The built-in entities of Dialogflow combined with the possibility to add custom entities make preprocessing by the Python client mostly obsolete. The only task for the Python client is to extract the right parameters and map them to the corresponding parameters of the request to the Skyscanner API.
All parameters are saved inside of a context. In order to get all parameters at once, the Python client iterates over all contexts and extracts their parameters.
The Skyscanner API is a powerful interface that provides many endpoints to fetch data concerning flights. Unfortunately, its usage is not always straightforward, and the documentation sometimes lacks in detail. Nevertheless, it is a worthy data provider for Skylar.

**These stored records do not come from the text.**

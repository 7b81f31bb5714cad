-- ===== src/Riot/Cache/Tests.antt =====
-- The cache when Redis has lost a value. A payload is a number, written in unary.
use arena_rank_project.Prelude.{
  ℕ, ◌≡◌, refl, true, false, none, some, [], ◌∷◌, Text, length, length-replicate, replicate, ap,
  ◌⊎◌, inl,
}
use arena_rank_project.Riot.Cache.{MatchCache, Tiers, get, set, Reach, cold_start, did_set}
use arena_rank_project.Riot.Cache.Laws.{get-IsOwn, get-set}

abbrev archive : MatchCache ℕ
archive = record {
  key_prefix = b'm' ∷ b':' ∷ b'r' ∷ [];
  has_overflow = true;
  dumps = λ n. replicate n b'1';
  loads = λ t. some (length t);
}

loads-dumps : (n : ℕ) → archive.loads (archive.dumps n) ≡ some n
loads-dumps n = ap some (length-replicate n b'1')

abbrev empty_tiers : Tiers ℕ
empty_tiers = record { hot = []; cold = [] }

abbrev second : Text
second = b'2' ∷ []

-- Every match has as many as its id is long.
abbrev sizes : Text → ℕ
sizes t = length t

stored-IsReached : Reach ℕ archive sizes (set ℕ archive true second 1 empty_tiers)
stored-IsReached = did_set true second cold_start

get-IsOwn_example :
    ((get ℕ archive false second (set ℕ archive true second 1 empty_tiers)).0 ≡ none)
    ⊎ ((get ℕ archive false second (set ℕ archive true second 1 empty_tiers)).0 ≡ some 1)
get-IsOwn_example =
    get-IsOwn ℕ archive sizes loads-dumps false second (set ℕ archive true second 1 empty_tiers)
      stored-IsReached

-- Redis has lost everything.
get-set_example :
    (get ℕ archive false second
      record { hot = []; cold = (set ℕ archive false second 8 empty_tiers).cold }).0
    ≡ some 8
get-set_example = get-set ℕ archive loads-dumps second 8 empty_tiers [] refl (inl refl)
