-- ===== src/Riot/Coalesce.antt =====
-- `_fetch_coordinated` of backend/arena/riot/coalesce.py, for one key: the lease in Redis, and the stored result
-- that `read_result` reads. `others k` is what the other workers and the expiry of the lease do before the
-- k-th command; `loader` is the fetch of the caller, which may raise. Times are whole
-- numbers of the smallest float, and `plus` is what the float addition makes of two of them, rounded.
pub mod Laws
mod Tests
use arena_rank_project.Prelude.{
  ℕ, suc, zero, ◌+◌, Bool, true, false, Option, none, some, if◌then◌else◌, ltb, Text,
}
use arena_rank_project.Prelude.Result.{Result, ok, err}

module _ (E V : Type 0) where
  pub record Shared : Type 0 where
    pub lease : Option Text
    pub stored : Option V

  -- A value that was stored already, or what a load of its own gives.
  pub data Fetched : Type 0 where
    found : V → Fetched
    loaded : Result E V → Fetched

  pub record World : Type 0 where
    pub others : ℕ → Shared → Shared
    pub loader : Shared → Result E V × Shared

  pub record Coalescer : Type 0 where
    pub poll : ℕ
    pub follower_timeout : ℕ
    pub plus : ℕ → ℕ → ℕ

  -- `_CLAIM_LUA`
  unfoldable pub claim_script : Text → Shared → Bool × Shared
  claim_script owner s = elim (s.lease) [
    | none ↦ (true, record s { lease = some owner })
    | some holder ↦ (false, s)
  ]

  abbrev pub drop_lease : Shared → Shared
  drop_lease s = record s { lease = none }

  module _ (w : World) where
    abbrev plain_load : ℕ → Shared → Fetched × Shared
    plain_load k s = let (r, s') = w.loader (w.others k s) in (loaded r, s')

    -- `try: return await loader() finally: await self._redis.delete(...)`
    unfoldable pub lead : ℕ → Shared → Fetched × Shared
    lead k s = let (r, s') = plain_load k s in (r, drop_lease (w.others (suc k) s'))

    abbrev pub lease_is_free : Shared → Bool
    lease_is_free s = elim (s.lease) [ none ↦ true | some holder ↦ false ]

    -- A free lease is contended for: what the new leader ends in, or the state after a claim that failed.
    unfoldable pub contend : Text → ℕ → Shared → Option (Fetched × Shared) × Shared
    unfolding claim_script lead
    contend owner k s =
        let (leads, s') = claim_script owner (w.others k s) in
        (if leads then some (lead (suc k) s') else none, s')

    -- The end of a round: the stored value, what a new leader ends in, or the rounds that follow.
    unfoldable pub round_end :
        Shared
        → Option V
        → Option (Fetched × Shared)
        → Option (Fetched × Shared)
        → Option (Fetched × Shared)
    round_end seen (some value) contended go_on = some (found value, seen)
    round_end seen none (some done) go_on = some done
    round_end seen none none go_on = go_on

    -- The loop of the follower, on fuel, with the commands counted from `k` on.
    unfoldable pub follow : Coalescer → Text → ℕ → ℕ → ℕ → Shared → Option (Fetched × Shared)
    unfolding contend round_end
    follow c owner zero k waited s = none
    follow c owner (suc fuel) k waited s =
        let seen = w.others k s in
        let later = w.others (k + 1) seen in
        let contended =
          if lease_is_free later then contend owner (k + 2) later else (none, later) in
        let go_on =
          follow c owner fuel (if lease_is_free later then k + 3 else k + 2) (c.plus waited c.poll)
            contended.1 in
        if ltb waited c.follower_timeout
        then round_end seen seen.stored contended.0 go_on
        else some (plain_load k s)

    unfoldable pub fetch_coordinated : Coalescer → Text → ℕ → Shared → Option (Fetched × Shared)
    unfolding follow contend round_end
    fetch_coordinated c owner fuel s =
        let seen = w.others 0 s in
        let contended = contend owner 1 seen in
        round_end seen seen.stored contended.0 (follow c owner fuel 2 0 contended.1)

A simple request payload, which the Python client could dispatch, is displayed in the figure on the right. The API returns approximately 2000 lines of JSON data, containing flights, prices, agencies, carriers (a.k.a. airlines), deep links to the agent’s website, sorting options, statistics, and so on.
{
"query": {
"market": "CH",
"locale": "de-DE",
"currency": "CHF",
"queryLegs": [
{
"date": {
"day": 1,
"month": 4,
"year": 2023
},
"originPlaceId": {
"iata": "ZRH"
},
"destinationPlaceId": {
"iata": "LAX"
}
}
],
"adults": 1,
"cabinClass": "CABIN_CLASS_ECONOMY"
}
}
Google's Dialogflow is a good fit for this project since it's well-documented, there are lots of tutorials, and it is relatively mature.

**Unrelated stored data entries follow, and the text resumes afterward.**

-- ===== src/Riot/Coalesce/Laws.antt =====
-- What a fetch of backend/arena/riot/coalesce.py ends in.
use arena_rank_project.Prelude.{
  ◌⊎◌, inl, inr, Bool, true, ℕ, zero, suc, ◌+◌, ◌*◌, ◌-◌, ◌≤◌, ◌<◌, ◌≡◌, refl, sym, subst, false,
  Option, none, some, if◌then◌else◌, ltb, leb, Text, arith, if_intro,
}
use arena_rank_project.Riot.Coalesce.{
  loaded, lead, drop_lease, round_end, lease_is_free, Shared, Fetched, found, World, Coalescer,
  claim_script, contend, follow, fetch_coordinated,
}

module _ (E V : Type 0) (c : Coalescer E V) where
  -- `waited` after so many rounds.
  abbrev pub waited_after : ℕ → ℕ
  waited_after zero = 0
  waited_after (suc n) = c.plus (waited_after n) c.poll

module _ (E V : Type 0) (w : World E V) (owner : Text) where
  -- From the one state to the other with nothing loaded: turns of the other workers and claims of the lease.
  pub data Waits : Shared E V → Shared E V → Type 0 where
    none_yet : {s : Shared E V} → Waits s s
    turn : {s s' : Shared E V} (k : ℕ) → Waits s s' → Waits s (w.others k s')
    tried : {s s' : Shared E V} → Waits s s' → Waits s (claim_script E V owner s').1

  -- Nothing was loaded, and the value is the stored one of the state; or the loader was called once, after
  -- the waiting: its result is the one that is given, and its state is left, or is left without the lease after
  -- a turn of the others.
  abbrev pub IsFetched : Shared E V → Fetched E V × Shared E V → Type 0
  IsFetched s (found v, s') = Waits s s' × (s'.stored ≡ some v)
  IsFetched s (loaded r, s') =
      (before : Shared E V) × Waits s before
      × (r ≡ (w.loader before).0)
      × ((s' ≡ (w.loader before).1)
          ⊎ ((k : ℕ) × (s' ≡ drop_lease E V (w.others k (w.loader before).1))))

  abbrev pub Ends : Shared E V → Option (Fetched E V × Shared E V) → Type 0
  Ends s o = (out : Fetched E V × Shared E V) × (o ≡ some out) × IsFetched s out

  -- What a contention gives, if anything, is what a fetch may end in.
  AllowsOnly : Shared E V → Option (Fetched E V × Shared E V) → Type 0
  AllowsOnly s none = Unit
  AllowsOnly s (some out) = IsFetched s out

  lead-IsFetched :
      (s₀ : Shared E V) (k : ℕ) (s : Shared E V) → Waits s₀ s → IsFetched s₀ (lead E V w k s)
  unfolding lead
  lead-IsFetched s₀ k s h = (w.others k s, turn k h, refl, inr (suc k, refl))

  contend-AllowsOnly :
      (s₀ : Shared E V) (k : ℕ) (s : Shared E V)
      → Waits s₀ s
      → AllowsOnly s₀ (contend E V w owner k s).0 × Waits s₀ (contend E V w owner k s).1
  unfolding contend AllowsOnly
  contend-AllowsOnly s₀ k s h =
      let claimed = tried (turn k h) in
      (
        if_intro (AllowsOnly s₀) (claim_script E V owner (w.others k s)).0 _ none
            (λ e. lead-IsFetched s₀ (suc k) _ claimed) (λ e. tt),
        claimed,
      )

  round_end-Ends :
      (s₀ seen : Shared E V) (stored : Option V)
      (contended go_on : Option (Fetched E V × Shared E V))
      → seen.stored ≡ stored
      → Waits s₀ seen
      → AllowsOnly s₀ contended
      → Ends s₀ go_on
      → Ends s₀ (round_end E V w seen stored contended go_on)
  unfolding round_end AllowsOnly
  round_end-Ends s₀ seen (some v) contended go_on e h a g = (_, refl, (h, e))
  round_end-Ends s₀ seen none (some done) go_on e h a g = (done, refl, a)
  round_end-Ends s₀ seen none none go_on e h a g = g

  -- A round contends only if the lease is free.
  round-AllowsOnly :
      (s₀ : Shared E V) (free : Bool) (k : ℕ) (s : Shared E V)
      → Waits s₀ s
      → AllowsOnly s₀ (if free then contend E V w owner k s else (none, s)).0
        × Waits s₀ (if free then contend E V w owner k s else (none, s)).1
  unfolding AllowsOnly
  round-AllowsOnly s₀ true k s h = contend-AllowsOnly s₀ k s h
  round-AllowsOnly s₀ false k s h = (tt, h)

  module _ (c : Coalescer E V) where
    follow-Ends :
        (s₀ : Shared E V) (fuel n k : ℕ) (s : Shared E V)
        → Waits s₀ s
        → c.follower_timeout ≤ waited_after E V c (n + fuel)
        → Ends s₀ (follow E V w c owner (suc fuel) k (waited_after E V c n) s)
    unfolding follow
    follow-Ends s₀ zero n k s h t =
        let now : c.follower_timeout ≤ waited_after E V c n =
          subst (λ m. c.follower_timeout ≤ waited_after E V c m) (omega arith) t in
        if_intro (Ends s₀) (ltb (waited_after E V c n) c.follower_timeout) _ _
          (λ e. absurd (ground arith)) (λ e. (_, refl, (w.others k s, turn k h, refl, inl refl)))
    follow-Ends s₀ (suc fuel) n k s h t =
        let seen = turn k h in
        let later = turn (k + 1) seen in
        let round =
          round-AllowsOnly s₀ (lease_is_free E V w (w.others (k + 1) (w.others k s))) (k + 2) _
            later in
        if_intro (Ends s₀) (ltb (waited_after E V c n) c.follower_timeout) _ _
          (λ e. round_end-Ends s₀ _ _ _ _ refl seen round.0 (
            follow-Ends s₀ fuel (suc n) _ _ round.1
              (subst (λ m. c.follower_timeout ≤ waited_after E V c m) (omega arith) t)))
          (λ e. (_, refl, (w.others k s, turn k h, refl, inl refl)))

    -- If the waits of some number of rounds add up to the timeout, as the floats add, then one round more is
    -- enough, whatever the other workers do: the fetch ends either in a value that was stored in a state that
    -- it came to without a load, or in what a single call of the loader gives, whether that is a value or an
    -- error, with nothing done to that call's state but a turn of the others and the release of the lease.
    pub fetch_coordinated-Ends :
        (rounds : ℕ) (s : Shared E V)
        → c.follower_timeout ≤ waited_after E V c rounds
        → Ends s (fetch_coordinated E V w c owner (suc rounds) s)
    unfolding fetch_coordinated
    fetch_coordinated-Ends rounds s t =
        let seen = turn 0 none_yet in
        let first = contend-AllowsOnly s 1 (w.others 0 s) seen in
        round_end-Ends s _ _ _ _ refl seen first.0 (
          follow-Ends s rounds 0 2 _ first.1
            (subst (λ m. c.follower_timeout ≤ waited_after E V c m) (omega arith) t))

too_late : {a b : ℕ} → ltb a b ≡ false → ¬ (a < b)
too_late e h = ground arith

-- Another worker holds the lease throughout, and its result is stored from the command `ready` on.
pub record HasLeader (E V : Type 0) (w : World E V) (holder : Text) (ready : ℕ) (v : V)
    : Type 0 where
  pub held : (k : ℕ) (s : Shared E V) → (w.others k s).lease ≡ some holder
  pub published :
      (k : ℕ) (s : Shared E V) → (w.others k s).stored ≡ (if leb ready k then some v else none)

module _ (E V : Type 0) (w : World E V) (c : Coalescer E V) (owner holder : Text) (ready : ℕ)
    (v : V) (leader : HasLeader E V w holder ready v) where
  -- The fetch ends with the value of the leader.
  abbrev pub IsFound : Option (Fetched E V × Shared E V) → Type 0
  IsFound o = (s : Shared E V) × (o ≡ some (found v, s))

  contend-held : (k : ℕ) (s : Shared E V) → (contend E V w owner k s).0 ≡ none
  unfolding contend claim_script
  contend-held k s = rw (leader.held k s) refl

  round_end-IsFound :
      (k : ℕ) (s : Shared E V) (contended go_on : Option (Fetched E V × Shared E V))
      → contended ≡ none
      → (leb ready k ≡ false → IsFound go_on)
      → IsFound (round_end E V w (w.others k s) (w.others k s).stored contended go_on)
  unfolding round_end
  round_end-IsFound k s contended go_on e h =
      let seen = w.others k s in
      let P : Option V → Option (Fetched E V × Shared E V) → Type 0 =
        λ o d. IsFound (round_end E V w seen o d go_on) in
      subst (λ d. P seen.stored d) (sym e)
        (subst (λ o. P o none) (sym (leader.published k s))
          (if_intro (λ o. P o none) (leb ready k) (some v) none (λ f. (seen, refl)) h))

  follow-IsFound :
      (fuel rounds n k : ℕ) (s : Shared E V)
      → ready ≤ k + 2 * rounds
      → ((m : ℕ) → m ≤ n + rounds → waited_after E V c m < c.follower_timeout)
      → rounds < fuel
      → IsFound (follow E V w c owner fuel k (waited_after E V c n) s)
  unfolding follow
  follow-IsFound zero rounds n k s h t f = absurd (omega arith)
  follow-IsFound (suc fuel) rounds n k s h t f =
      let seen = w.others k s in
      let later = w.others (k + 1) seen in
      if_intro IsFound (ltb (waited_after E V c n) c.follower_timeout) _ _
        (λ e.
          round_end-IsFound k s _ _
            (if_intro (λ (d : Option (Fetched E V × Shared E V) × Shared E V). d.0 ≡ none)
              (lease_is_free E V w later) _ _ (λ g. contend-held (k + 2) later) (λ g. refl))
            (λ late.
              let after : k < ready = ground arith in
              let at_least : k + 2 ≤ (if lease_is_free E V w later then k + 3 else k + 2) =
                if_intro (λ n. k + 2 ≤ n) (lease_is_free E V w later) (k + 3) (k + 2)
                  (λ g. omega arith) (λ g. omega arith) in
              follow-IsFound fuel (rounds - 1) (suc n) _ _ (omega arith) (λ m le. t m (omega arith))
                (omega arith)))
        (λ e. absurd (too_late e (t n (omega arith))))

  -- While another worker holds the lease, a fetch waits for it and loads nothing: once the result is stored,
  -- by the read of a round before which the waits, as the floats add, have stayed below the timeout, that
  -- result is what the fetch ends with, on fuel for more than so many rounds.
  pub fetch_coordinated-IsFound :
      (fuel rounds : ℕ) (s : Shared E V)
      → ready ≤ 2 + 2 * rounds
      → ((m : ℕ) → m ≤ rounds → waited_after E V c m < c.follower_timeout)
      → rounds < fuel
      → IsFound (fetch_coordinated E V w c owner fuel s)
  unfolding fetch_coordinated
  fetch_coordinated-IsFound fuel rounds s h t f =
      round_end-IsFound 0 s _ _ (contend-held 1 (w.others 0 s))
        (λ late. follow-IsFound fuel rounds 0 2 _ h (λ m le. t m (omega arith)) f)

We have learned that in Dialogflow, newly learned parameters are to be found under "Action and Parameters". Contexts are used to structure the intent sequence and to pass the newly learned parameters from one intent to the next.
We had to learn the hard way that changing the context parameters will mess up the visual representation of the intent structure. Re-entering the previous context parameters won't bring the visualization back, follow up intents will only be displayed as regular intents from that point on, even though its structure logic remains the same. This has been a bit unlucky for our fancy screenshot for this documentation.

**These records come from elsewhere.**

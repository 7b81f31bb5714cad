-- ===== src/Riot/Coalesce/Tests.antt =====
-- The coalescer with a leader that publishes its result, and in a race for the lease.
use arena_rank_project.Prelude.{
  ◌+◌, zero, suc, ◌≤◌, ◌<◌, ℕ, ◌≡◌, refl, Bool, none, some, [], ◌∷◌, Text, if◌then◌else◌, leb,
  arith,
}
use arena_rank_project.Prelude.Result.{ok}
use arena_rank_project.Riot.Coalesce.{Shared, World, Coalescer, loaded, lead, fetch_coordinated}
use arena_rank_project.Riot.Coalesce.Laws.{
  waited_after, Ends, IsFound, HasLeader, fetch_coordinated-Ends, fetch_coordinated-IsFound,
}

abbrev me : Text
me = b'm' ∷ []

abbrev other : Text
other = b'o' ∷ []

abbrev nothing : Shared Bool ℕ
nothing = record { lease = none; stored = none }

abbrev ten_polls : Coalescer Bool ℕ
ten_polls = record { poll = 2; follower_timeout = 20; plus = ◌+◌ }

-- The other worker leads throughout, and its result, 7, is there from the fifth command on.
abbrev led : World Bool ℕ
led = record {
  others = λ k s. record { lease = some other; stored = if leb 5 k then some 7 else none };
  loader = λ s. (ok 9, s);
}

led-HasLeader : HasLeader Bool ℕ led other 5 7
led-HasLeader = record { held = λ k s. refl; published = λ k s. refl }

fetch_coordinated-Ends_example :
    Ends Bool ℕ led me nothing (fetch_coordinated Bool ℕ led ten_polls me 11 nothing)
fetch_coordinated-Ends_example =
    fetch_coordinated-Ends Bool ℕ led me ten_polls 10 nothing (omega arith)

two_rounds : (m : ℕ) → m ≤ 2 → waited_after Bool ℕ ten_polls m < 20
two_rounds zero h = omega arith
two_rounds (suc zero) h = omega arith
two_rounds (suc (suc zero)) h = omega arith
two_rounds (suc (suc (suc m))) h = absurd (omega arith)

fetch_coordinated-IsFound_example :
    IsFound Bool ℕ led ten_polls me other 5 7 led-HasLeader
      (fetch_coordinated Bool ℕ led ten_polls me 3 nothing)
fetch_coordinated-IsFound_example =
    fetch_coordinated-IsFound Bool ℕ led ten_polls me other 5 7 led-HasLeader 3 2 nothing
      (omega arith) two_rounds (omega arith)

-- While the caller loads, its lease expires and another worker takes it: the release takes the other's lease away.
abbrev slow : World Bool ℕ
slow = record { others = λ k s. s; loader = λ s. (ok 9, record s { lease = some other }) }

lease_taken_away :
    fetch_coordinated Bool ℕ slow ten_polls me 21 nothing ≡ some (loaded (ok 9), nothing)
unfolding fetch_coordinated lead
lease_taken_away = refl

This was when we first noticed the flaws of the tool. Google's Dialogflow seems to be struggling to understand nuances and sometimes likes to fall back to its default intent quickly. We eventually figured out why and were able to minimize the occurrence, though we would wish for Dialogflow to be a bit smarter than that.
With that being said, realizing a project like this would have been impossible by only having the Python client, which made us once again realize the value of a tool like Dialogflow and AI in general.
Contrary to the first belief, the possibilities of AI in the form we are using it (Google Cloud Dialogflow) are still relatively limited. Making sure all the components work well together poses another set of new challenges and limitations since in our case we are basically limited to what data Skyscanner wants to hear. This of course was preset by the architecture we chose to use.
Nevertheless, chatbots, in general, have great potential because they can filter intent out of natural language, which is undoubtedly helpful and saves lots of manual clicking and navigating of an application or a terminal. We see natural language processing as most valuable when actually speaking to a bot instead of typing (e.g. Google Assistant, Siri).
It has been exciting for us to play around in Google's Cloud Platform. Looking back, we definitely learned a lot, and we are happy with the result of our work, even though we ended up spending more time than we had initially anticipated.